India's Most Wanted Review

“India’s Most Wanted” becomes a tepid example of a thriller that (almost) never thrills. Technically, the film is average in all departments, and will need a lot of luck to score high or even open well. (photo provided)

Raapchik Productions and Fox Star Studio present “India’s Most Wanted”

Produced by: Raj Kumar Gupta & Myra Karn

Written and directed by: Rajkumar Gupta

Music: Amit Trivedi

Starring: Arjun Kapoor, Rajesh Sharma, Jitendra Shastri, Sudev Nair, Prasanth Alexandrr, Bittu, Gaurav Mishra, Bajrangbali Singh & others

MUMBAI—In the current scenario in which any subject is accepted if well-made, there is a (comparative) surfeit of patriotic thrillers.
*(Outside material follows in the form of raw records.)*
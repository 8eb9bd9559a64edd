-- ===== src/AsyncGrpc/Interleaving/Awaits.antt =====
-- The `co_await` of a task that was started before (`TaskAwait` of async_lib/async_lib.hpp), beside other
-- tasks.
use async_sandbox.Prelude.{
  ◌<◌, ◌≡◌, refl, sym, ap, ◌∙◌, ◌≢◌, ◌⊎◌, none, some, List, ◌∷◌, arith, ◌==◌, update, update_self,
  update_ne, Bool-cases, inl, inr,
}
use async_sandbox.AsyncLib.Machine.{
  FrameId, ExecutorId, Promise, World, Action, go, await, State, running, destroy,
}
use async_sandbox.AsyncLib.Steps.{Steps, stop, next}
use async_sandbox.AsyncLib.Dialogue.{Dialogue, answer, ask, and_then, Seq, compile, denote}
use async_sandbox.AsyncLib.Paths.{AwaitPath, under, child, awaits, waiting, question, meaning}
use async_sandbox.AsyncLib.Nesting.Runs.{with_frames}
use async_sandbox.AsyncLib.Owners.{Along, Apart}
use async_sandbox.AsyncGrpc.Interleaving.{
  Owner, Owned, Owned-root, Owned-below, Stands, ends, pauses, Stands-Spares,
}
use async_sandbox.AsyncGrpc.Interleaving.Schedules.{Roots, AllStand}
use async_sandbox.AsyncGrpc.Interleaving.Subroutines.{
  subroutine, Beside, change-Spares, Beside-allocated,
}
use async_sandbox.AsyncGrpc.Interleaving.Handover.{
  stopped_at, stopped_not_done, Along-root, Apart-root, Along-rooted, given, Owned-given,
  given-Spares, given-Unowned, await_done, await_waits,
}

module _ {V : Type 0} where
  -- The subroutine has ended, and its frame goes.
  ended-Beside :
      (roots : Roots V) (ds : FrameId → Dialogue V) (w : World V) (j u : FrameId) (me p : Promise V)
      → (b : Beside roots ds w j me) → roots u ≡ some p
      → b.all.owner u ≡ some u
      → Beside (update roots u none) ds (destroy w u) j me
  ended-Beside roots ds w j u me p b e own = record {
    all = record {
      owner = b.all.owner;
      orphan = λ i x q. b.all.orphan i x (ground arith);
      fresh = λ i le. ground (arith, b.all.fresh i);
      unowned = b.all.unowned;
      allocated = λ i x q. b.all.allocated i x (ground arith);
      stands = λ i x q.
          Stands-Spares u i b.all.owner b.all.owner w.frames _ w.next w.next x (ds i) (ground arith)
            (omega arith) (change-Spares u b.all.owner w.frames none own)
            (b.all.stands i x (ground arith));
    };
    own = b.own;
    no_root = ground (arith, b.no_root);
    no_parent = b.no_parent;
    frame = ground (arith, b.no_root, b.frame);
  }

  abbrev awaited : World V → FrameId → Promise V → FrameId → (V → Seq V) → State V → World V
  awaited w j me u k st =
      with_frames w
        (update (update w.frames j (some (record me { state = awaits u k }))) u
          (some (child me.executor j st)))
        w.next

  -- The subroutine waits, and its frames are from now on frames of the one that awaits it.
  awaited-Stands :
      (o : Owner) (w : World V) (j u : FrameId) (me : Promise V) (k : V → Seq V) (π : AwaitPath V)
      → o j ≡ some j
      → u ≢ j
      → u < w.next
      → Along π w.frames u (subroutine me.executor) (waiting π)
      → Apart π w.next u
      → Owned o u π u
      → Stands
          (given u j o)
          (awaited w j me u k (stopped_at π)).frames
          w.next
          j
          me
          (ask (question π) (λ r. and_then (meaning π r) (λ v. denote (k v))))
  awaited-Stands o w j u me k π own ne lt a apart w' =
      pauses (under u k π) refl
        (
          ground arith,
          Along-rooted π w.frames _ u (subroutine me.executor) (child me.executor j running) refl
              (update_self (update w.frames j _) u _)
              (λ i b. ground (arith, Owned-below π o u u i w', Apart-root π w.next u apart)) a,
        )
        (ne, lt, ground (arith, Owned-below π o u u j w'), Apart-root π w.next u apart, apart)
        (rw own (ground arith), Owned-given π o u j u w')

  -- The other tasks stand where they stood.
  awaited-others :
      (o : Owner) (w : World V) (i j u : FrameId) (me x : Promise V) (k : V → Seq V) (st : State V)
      (d : Dialogue V)
      → o j ≡ some j
      → o u ≡ some u
      → i ≢ j
      → i ≢ u
      → Stands o w.frames w.next i x d
      → Stands (given u j o) (awaited w j me u k st).frames w.next i x d
  awaited-others o w i j u me x k st d oj ou nj nu a =
      let h = update w.frames j (some (record me { state = awaits u k })) in
      Stands-Spares u i o (given u j o) h _ w.next w.next x d nu (omega arith)
        (given-Spares u j o h _ ou)
        (Stands-Spares j i o o w.frames h w.next w.next x d nj (omega arith)
          (change-Spares j o w.frames _ oj) a)

  -- The root tasks when `j` has taken over from `u`.
  root_cases :
      (roots : Roots V) (u j i : FrameId) (me x : Promise V)
      → update (update roots u none) j (some me) i ≡ some x
      → ((j ≡ i) × (me ≡ x)) ⊎ ((i ≢ j) × (i ≢ u) × (roots i ≡ some x))
  root_cases roots u j i me x q = elim (Bool-cases (j == i)) [
    | inl y ↦ inl (ground arith, ground arith)
    | inr n ↦ inr (ground arith, ground arith, ground arith)
  ]

  -- The coroutine is a root task again.
  awaited-AllStand :
      (roots : Roots V) (ds : FrameId → Dialogue V) (w : World V) (j u : FrameId) (me : Promise V)
      (k : V → Seq V) (π : AwaitPath V)
      → (b : Beside roots ds w j me) → roots u ≡ some (subroutine me.executor)
      → ds u ≡ ask (question π) (meaning π)
      → Along π w.frames u (subroutine me.executor) (waiting π)
      → Apart π w.next u
      → Owned b.all.owner u π u
      → AllStand
          (update (update roots u none) j (some me))
          (update ds j (and_then (ds u) (λ v. denote (k v))))
          (awaited w j me u k (stopped_at π))
  unfolding and_then
  awaited-AllStand roots ds w j u me k π b r q a apart own =
      let o = b.all.owner in
      let ne : u ≢ j = ground (arith, b.no_root) in
      record {
        owner = given u j o;
        orphan = λ i x z. elim (root_cases roots u j i me x z) [
          | inl (y, same) ↦ ap (λ (z : Promise V). z.parent) (sym same) ∙ b.no_parent
          | inr (nj, nu, r') ↦ b.all.orphan i x r'
        ];
        fresh = λ i le. ground (arith, b.all.fresh i);
        unowned = given-Unowned u j w.next o b.all.unowned;
        allocated = λ i x z. elim (root_cases roots u j i me x z) [
          | inl (y, same) ↦ omega (arith, y, Beside-allocated w j me b)
          | inr (nj, nu, r') ↦ b.all.allocated i x r'
        ];
        stands = λ i x z. elim (root_cases roots u j i me x z) [
          | inl (y, same) ↦
              rw (← y, update_self ds j _, ← same, q)
                (awaited-Stands o w j u me k π b.own ne (b.all.allocated u _ r) a apart own)
          | inr (nj, nu, r') ↦ rw (update_ne ds j i _ (λ c. nj (sym c))) (
              awaited-others o w i j u me x k (stopped_at π) (ds i) b.own (Owned-root π o u u own)
                nj nu (b.all.stands i x r'))
        ];
      }

  -- A coroutine with no parent, which is bound to an executor and runs in a frame of its own beside root
  -- tasks that stand, awaits one of them, a subroutine that it has started on its executor. If the
  -- subroutine has ended, the coroutine goes on with its answer and the subroutine's frame is gone.
  -- If it waits, the coroutine stands as what it was and is to do: the rest of the subroutine's dialogue,
  -- and then what follows the await. In both cases the other tasks stand where they stood.
  pub await-Beside :
      (roots : Roots V) (ds : FrameId → Dialogue V) (w : World V) (j u : FrameId) (me : Promise V)
      (e : ExecutorId) (k : V → Seq V) (s : List (Action V))
      → Beside roots ds w j me
      → me.executor ≡ some e
      → roots u ≡ some (subroutine me.executor)
      → ((v : V) × (w' : World V) × (ds u ≡ answer v)
          × Steps (go j (compile (k v)) ∷ s) w' (go j (await u (λ v. compile (k v))) ∷ s) w
          × Beside (update roots u none) ds w' j me
          × (w'.frames u ≡ none))
        ⊎ ((w' : World V) × Steps s w' (go j (await u (λ v. compile (k v))) ∷ s) w
            × AllStand
                (update (update roots u none) j (some me))
                (update ds j (and_then (ds u) (λ v. denote (k v))))
                w')
  unfolding and_then
  await-Beside roots ds w j u me e k s b x r = elim (b.all.stands u (subroutine me.executor) r) [
    | ends v q a ↦
        let (f, own) = a refl in
        inl (
          v,
          destroy w u,
          q,
          next (await_done w j u me (subroutine me.executor) (λ v. compile (k v)) v b.frame f) stop,
          ended-Beside roots ds w j u me (subroutine me.executor) b r own,
          update_self w.frames u none,
        )
    | pauses π q a apart own ↦
        let w' = awaited w j me u k (stopped_at π) in
        inr (
          w',
          next
              (await_waits w j u me (λ v. compile (k v)) (stopped_at π) e b.frame
                (Along-root π w.frames u (subroutine me.executor) a) (stopped_not_done π) x)
              stop,
          awaited-AllStand roots ds w j u me k π b r q a apart own,
        )
  ]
However, their innate caliber has been greatly different, from a “Parmanu” to a “URI” to a “The Tashkent Files” to the weak “RAW (Romeo Akbar Walter)” and more.

Sadly, after a lot of expectations from writer-director Raj Kumar Gupta after “No One Killed Jessica” (decent) to “Raid” (gripping and exciting), “India’s Most Wanted” becomes a tepid example of a thriller that (almost) never thrills. The unique opening sequence (of a kidnapped doctor) is over in seconds. The sequences in Nepal are often confusing, and whether slow-paced or very fast, quite dull.
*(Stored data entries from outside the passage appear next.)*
-- ===== src/AsyncGrpc/RoundRobin.antt =====
-- Round robin: `ChannelProvider` of async_grpc/async_grpc/client.hpp and client.cpp, and the choice of
-- an executor in `Server` of server.hpp and server.cpp. The counters are `std::atomic<size_t>`, so
-- that concurrent selections are one after the other, and they wrap at 2^64.
pub mod Fairness
use async_sandbox.Prelude.{ℕ, zero, suc, ◌+◌, ◌%◌, ◌^◌, Option, List, [], ◌∷◌, length, get_elem?}

abbrev pub size_t_mod : ℕ
size_t_mod = 2 ^ 64

pub record ChannelProvider (C : Type 0) : Type 0 where
  pub channels : List C
  pub next_channel : ℕ

pub record Executors (E : Type 0) : Type 0 where
  pub executors : List E
  pub next_executor : ℕ

module _ {C : Type 0} where
  -- `++m_nextChannel % m_channels.size()`
  unfoldable pub channel_index : ChannelProvider C → ℕ
  channel_index p = (p.next_channel + 1) % size_t_mod % length p.channels

  -- `none` is an access out of bounds, without channels
  unfoldable pub select_next_channel : ChannelProvider C → Option C × ChannelProvider C
  unfolding channel_index
  select_next_channel p = (
    get_elem? p.channels (channel_index p),
    record p { next_channel = (p.next_channel + 1) % size_t_mod },
  )

  -- `m_nextExecutor++ % m_executors.size()`
  unfoldable pub executor_index : Executors C → ℕ
  executor_index p = p.next_executor % length p.executors

  unfoldable pub select_next_executor : Executors C → Option C × Executors C
  unfolding executor_index
  select_next_executor p = (
    get_elem? p.executors (executor_index p),
    record p { next_executor = (p.next_executor + 1) % size_t_mod },
  )

  -- After so many selections.
  unfoldable pub channels_after : ℕ → ChannelProvider C → ChannelProvider C
  unfolding select_next_channel
  channels_after zero p = p
  channels_after (suc n) p = channels_after n (select_next_channel p).1

  unfoldable pub executors_after : ℕ → Executors C → Executors C
  unfolding select_next_executor
  executors_after zero p = p
  executors_after (suc n) p = executors_after n (select_next_executor p).1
Worse: there are sporadic cities shown with sudden blasts happening, and after two or three, these become very predictable, followed by the expected comments and sequences of a programmed terrorist named Yusuf (Sudev Nair), who is one of those harmless-looking villainous characters (which is where films like “Baby” and “Holiday” lost out a bit on the punch). Yusuf talks each time about the “kaafir” (non-believers in Allah) and “jannat” (Heaven) and poses as a doctor, engineer et al.
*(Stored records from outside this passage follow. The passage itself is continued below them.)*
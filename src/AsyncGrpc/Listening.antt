-- ===== src/AsyncGrpc/Listening.antt =====
-- The listening of async_grpc/async_grpc/server.hpp and server.cpp. A loop `ListenUnary`, or of one of
-- its three kin, selects an executor, listens for one call on it, spawns the call's handler on it, and
-- goes round. The calls come as events, each with the number of the loop that gets it and the flag
-- that its `Listen` gives: false once the server shuts down.
pub mod Selection
pub mod Tally
pub mod Loads
pub mod Shares
pub mod Refinement
pub mod Starts
use async_sandbox.Prelude.{
  ℕ, zero, suc, Bool, true, false, Option, none, some, List, [], ◌∷◌, ◌++◌, ◌>>=◌, get_elem?,
}
use async_sandbox.AsyncLib.Machine.{ExecutorId}
use async_sandbox.AsyncGrpc.RoundRobin.{Executors, select_next_executor}

-- A loop that listens for the calls of one method: the executor that it was spawned on, and the one
-- with which it listens, until it ends.
pub record Listener (R : Type 0) : Type 0 where
  pub method : R
  pub spawned_on : ExecutorId
  pub listens_on : Option ExecutorId

pub record Server (R : Type 0) : Type 0 where
  pub executors : Executors ExecutorId
  pub listeners : List (Listener R)
  -- the handlers spawned, oldest first
  pub handlers : List (R × ExecutorId)

pub record ServerOptions (R : Type 0) : Type 0 where
  -- the methods of each service, as its `StartListening` has them
  pub services : List (List R)
  pub executor_count : ℕ

-- So many executors, from the number `e` on.
abbrev pub executors_from : ExecutorId → ℕ → List ExecutorId
executors_from e zero = []
executors_from e (suc n) = e ∷ executors_from (suc e) n

abbrev pub set {ℓ} : {A : Type ℓ} → List A → ℕ → A → List A
set [] i a = []
set (x ∷ xs) zero a = a ∷ xs
set (x ∷ xs) (suc i) a = x ∷ set xs i a

module _ {R : Type 0} where
  -- `SelectNextExecutor`
  unfoldable pub select : Server R → Option (ExecutorId × Server R)
  select s = do
    let (selected, executors) = select_next_executor s.executors
    e ← selected
    some (e, record s { executors = executors })

  -- `StartListeningUnary` and its kin: the loop is spawned, and runs up to its first `Listen`.
  unfoldable pub start_listening : Server R → R → Option (Server R)
  unfolding select
  start_listening s method = do
    (loop, s₁) ← select s
    (call, s₂) ← select s₁
    let l : Listener R = record { method = method; spawned_on = loop; listens_on = some call }
    some (record s₂ { listeners = s₂.listeners ++ l ∷ [] })

  unfoldable pub start_service : Server R → List R → Option (Server R)
  unfolding start_listening
  start_service s [] = some s
  start_service s (m ∷ ms) = do s₁ ← start_listening s m; start_service s₁ ms

  unfoldable pub start_services : Server R → List (List R) → Option (Server R)
  unfolding start_service
  start_services s [] = some s
  start_services s (ms ∷ rest) = do s₁ ← start_service s ms; start_services s₁ rest

  abbrev pub built : ℕ → Server R
  built n = record {
    executors = record { executors = executors_from 0 n; next_executor = 0 };
    listeners = [];
    handlers = [];
  }

  -- `Server::Server`
  unfoldable pub new_server : ServerOptions R → Option (Server R)
  unfolding start_services
  new_server options = start_services (built options.executor_count) options.services

  -- The loop of the listener `i`, whose `Listen` with the executor `e` has given a flag.
  unfoldable pub after_listen : Server R → ℕ → Listener R → ExecutorId → Bool → Option (Server R)
  unfolding select
  after_listen s i l e false =
      some (record s { listeners = set s.listeners i (record l { listens_on = none }) })
  after_listen s i l e true = do
    (next, s₁) ← select (record s { handlers = s.handlers ++ (l.method, e) ∷ [] })
    some (record s₁ { listeners = set s₁.listeners i (record l { listens_on = some next }) })

  unfoldable pub on_event : Server R → ℕ × Bool → Option (Server R)
  unfolding after_listen
  on_event s (i, ok) = do l ← get_elem? s.listeners i; e ← l.listens_on; after_listen s i l e ok

  unfoldable pub serve : Server R → List (ℕ × Bool) → Option (Server R)
  unfolding on_event
  serve s [] = some s
  serve s (e ∷ es) = do s₁ ← on_event s e; serve s₁ es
One sequence tests your logic. If Yusuf was in Nepal at the time, how did the last blast (shown in Delhi) happen? There are several illogical and simplistic things happening, but all with the punch of a pricked balloon. As in “RAW,” the climax is a letdown. Yes, the most wanted terrorist in this reworking of a real story was caught without a single bullet being fired, but why did Gupta (originally starting out with an Anurag Kashyap production in “Aamir”) have the delusion that this ALSO meant you need not have a single solid punch in the script?

The film reminds you in part of the gripping but overlong “Aiyaary” in its placid narration, but the punches there and the story were much more exciting – Gupta gets slightly into an arty kind of zone. Yet, “Aiyaary” had nosedived.

This time, Arjun Kapoor, as the protagonist Prabhat, hardly impresses. He is largely his usual self, and truth be told, the script does not give him any meat. He is, thus, just alright. Rajesh Sharma, as his sincere superior, is also okay. Jitendra Shastri as the informer shines, especially when he uses his eyes. Nair is a letdown as Yusuf, and the hero’s motley group of assistants, are adequate. It is the casting director and the costume designer who deserve encomiums for their perfect looks.

Technically, the film is average in all departments, and Nepal does not look uniformly appetizing. The editing is languid, and the music and background score hardly help.

The film will need a lot of luck to score high or even open well.